*Directions for this task:* Scan the records for "rounds" and copy each line that contains it.

--- Task material ---

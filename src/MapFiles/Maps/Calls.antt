-- ===== src/MapFiles/Maps/Calls.antt =====
-- Sequences of calls of the exported functions of Extensions/MapFiles/mapFiles.cpp, and the process
-- that is started with their maps.
use buildpal.Prelude.{
  ℕ, ◌<◌, ◌≡◌, refl, subst, ◌∙◌, Option, none, some, List, [], ◌∷◌, All, arith, Option-cases, inl,
  inr, ℕ_discrete, text_discrete,
}
use buildpal.Prelude.Assoc.{
  lookup, assign, Distinct, assign-Distinct, erase-Distinct, Values, assign-Values, erase-Values,
  insert_new-Values, lookup-Values,
}
use buildpal.MapFiles.Paths.{PathApi, decompose_path}
use buildpal.MapFiles.Pipe.{PipeApi}
use buildpal.MapFiles.Mapping.{FileList, DirMap, or_empty, find_file, add_file, remove_file}
use buildpal.MapFiles.Wire.{returned, initialize, write_mappings}
use buildpal.MapFiles.Wire.Roundtrip.{FitsDir, add_maps, rounds, initialize-write_mappings}
use buildpal.MapFiles.Wire.Rebuilt.{IsMap, find_in, override, find_file-add_maps}
use buildpal.MapFiles.Maps.{
  HookData, initial, create_file_map, destroy_file_map, collect_mappings, map_file_global,
  unmap_file_global, map_file,
}

pub data Call : Type 0 where
  map_global : List ℕ → List ℕ → Call
  unmap_global : List ℕ → Call
  create : Call
  destroy : ℕ → Call
  map_in : ℕ → List ℕ → List ℕ → Call

-- no map has an entry twice
pub record IsWell (s : HookData) : Type 0 where
  pub global : IsMap s.global_mapping
  pub custom : Values ℕ_discrete IsMap s.custom_mappings

or_empty-Distinct :
    (dirs : DirMap) (dir : List ℕ)
    → IsMap dirs
    → Distinct text_discrete (or_empty (lookup text_discrete dir dirs))
or_empty-Distinct dirs dir h = elim (Option-cases (lookup text_discrete dir dirs)) [
  | inl e ↦ rw e tt
  | inr (files, e) ↦
      rw e (lookup-Values text_discrete (Distinct text_discrete) dir files dirs h.1 e)
]

assign-IsMap :
    (dirs : DirMap) (dir : List ℕ) (files : FileList)
    → Distinct text_discrete files
    → IsMap dirs
    → IsMap (assign text_discrete dir files dirs)
assign-IsMap dirs dir files d h = (
  assign-Distinct text_discrete dir files dirs h.0,
  assign-Values text_discrete (Distinct text_discrete) dir files dirs d h.1,
)

override-none : (o : Option (List ℕ)) → override o none ≡ o
override-none none = refl
override-none (some r) = refl

module _ (api : PathApi) where
  add_file-IsMap :
      (dirs : DirMap) (path real : List ℕ) → IsMap dirs → IsMap (add_file api dirs path real)
  unfolding add_file
  add_file-IsMap dirs path real h =
      let (dir, file) = decompose_path api path in
      assign-IsMap dirs dir _
        (assign-Distinct text_discrete file _ _ (or_empty-Distinct dirs dir h)) h

  remove_file-IsMap :
      (dirs : DirMap) (path : List ℕ) → IsMap dirs → IsMap (remove_file api dirs path)
  unfolding remove_file
  remove_file-IsMap dirs path h =
      let (dir, file) = decompose_path api path in
      assign-IsMap dirs dir _ (erase-Distinct text_discrete file _ (or_empty-Distinct dirs dir h)) h

  unfoldable pub step : HookData → Call → HookData
  step s (map_global path real) = (map_file_global api s path real).0
  step s (unmap_global path) = (unmap_file_global api s path).0
  step s create = (create_file_map s).0
  step s (destroy id) = destroy_file_map s id
  step s (map_in id path real) = (map_file api s id path real).0

  unfoldable pub run : HookData → List Call → HookData
  run s [] = s
  run s (c ∷ cs) = run (step s c) cs

  map_file-IsWell :
      (s : HookData) (id : ℕ) (path real : List ℕ)
      → IsWell s
      → IsWell (map_file api s id path real).0
  unfolding map_file
  map_file-IsWell s id path real h = elim (Option-cases (lookup ℕ_discrete id s.custom_mappings)) [
    | inl e ↦ rw (e, map_file) h
    | inr (dirs, e) ↦
        rw (e, map_file)
          (record {
            global = h.global;
            custom =
                assign-Values ℕ_discrete IsMap id _ s.custom_mappings
                  (add_file-IsMap dirs path real
                    (lookup-Values ℕ_discrete IsMap id dirs s.custom_mappings h.custom e))
                  h.custom;
          })
  ]

  step-IsWell : (s : HookData) (c : Call) → IsWell s → IsWell (step s c)
  unfolding step map_file_global unmap_file_global create_file_map destroy_file_map
  step-IsWell s (map_global path real) h = record {
    global = add_file-IsMap _ path real h.global;
    custom = h.custom;
  }
  step-IsWell s (unmap_global path) h = record {
    global = remove_file-IsMap _ path h.global;
    custom = h.custom;
  }
  step-IsWell s create h = record {
    global = h.global;
    custom = insert_new-Values ℕ_discrete IsMap _ [] s.custom_mappings (tt, tt) h.custom;
  }
  step-IsWell s (destroy id) h = record {
    global = h.global;
    custom = erase-Values ℕ_discrete IsMap id s.custom_mappings h.custom;
  }
  step-IsWell s (map_in id path real) h = map_file-IsWell s id path real h

  -- No sequence of calls makes an entry stand twice in a map.
  pub run-IsWell : (s : HookData) (cs : List Call) → IsWell s → IsWell (run s cs)
  unfolding run
  run-IsWell s [] h = h
  run-IsWell s (c ∷ cs) h = run-IsWell (step s c) cs (step-IsWell s c h)

  collect-IsMap :
      (s : HookData) (ids : List ℕ) (maps : List DirMap)
      → IsWell s
      → collect_mappings s ids ≡ some maps
      → All IsMap maps
  unfolding collect_mappings
  collect-IsMap s [] maps h e = let same : [] ≡ maps = ground arith in subst (All IsMap) same tt
  collect-IsMap s (id ∷ ids) maps h e =
      elim (Option-cases (lookup ℕ_discrete id s.custom_mappings)) [
        | inl gone ↦ absurd (ground arith)
        | inr (dirs, found) ↦ elim (Option-cases (collect_mappings s ids)) [
          | inl fails ↦ absurd (ground arith)
          | inr (rest, more) ↦
              let same : dirs ∷ rest ≡ maps = ground arith in
              subst (All IsMap) same (
                lookup-Values ℕ_discrete IsMap id dirs s.custom_mappings h.custom found,
                collect-IsMap s ids rest h more,
              )
        ]
      ]

  -- A process that is started with maps that any calls have built finds a file where the last of
  -- the maps that knows it puts it, if the write succeeds and every map can be transferred: no
  -- directory is without files or without a name and none has 2 ^ 31 files, and every text has
  -- fewer than 0xFFFF characters, as the assertions of the code want it.
  pub started_process-find_file :
      (os : PipeApi) (cs : List Call) (ids : List ℕ) (maps : List DirMap) (fuel : ℕ) (p q : os.Pipe)
      (d f : List ℕ)
      → collect_mappings (run initial cs) ids ≡ some maps
      → All (All FitsDir) maps
      → os.contents p ≡ []
      → write_mappings os p maps ≡ some q
      → rounds maps < fuel
      → (m : DirMap) × (initialize os fuel q [] [] ≡ returned 0 m)
        × (find_file m d f ≡ find_in maps d f)
  unfolding find_file lookup
  started_process-find_file os cs ids maps fuel p q d f collected fits empty written enough =
      let maps_well =
        collect-IsMap _ ids maps (run-IsWell initial cs (record { global = (tt, tt); custom = tt }))
          collected in
      (
        add_maps maps [],
        initialize-write_mappings os maps fuel p q [] [] fits empty written enough,
        find_file-add_maps maps [] d f maps_well ∙ override-none (find_in maps d f),
      )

---

*Response below:*
use buildpal.MapFiles.Wire.Roundtrip.{FitsDir, add_maps, rounds, initialize-write_mappings}
      → rounds maps < fuel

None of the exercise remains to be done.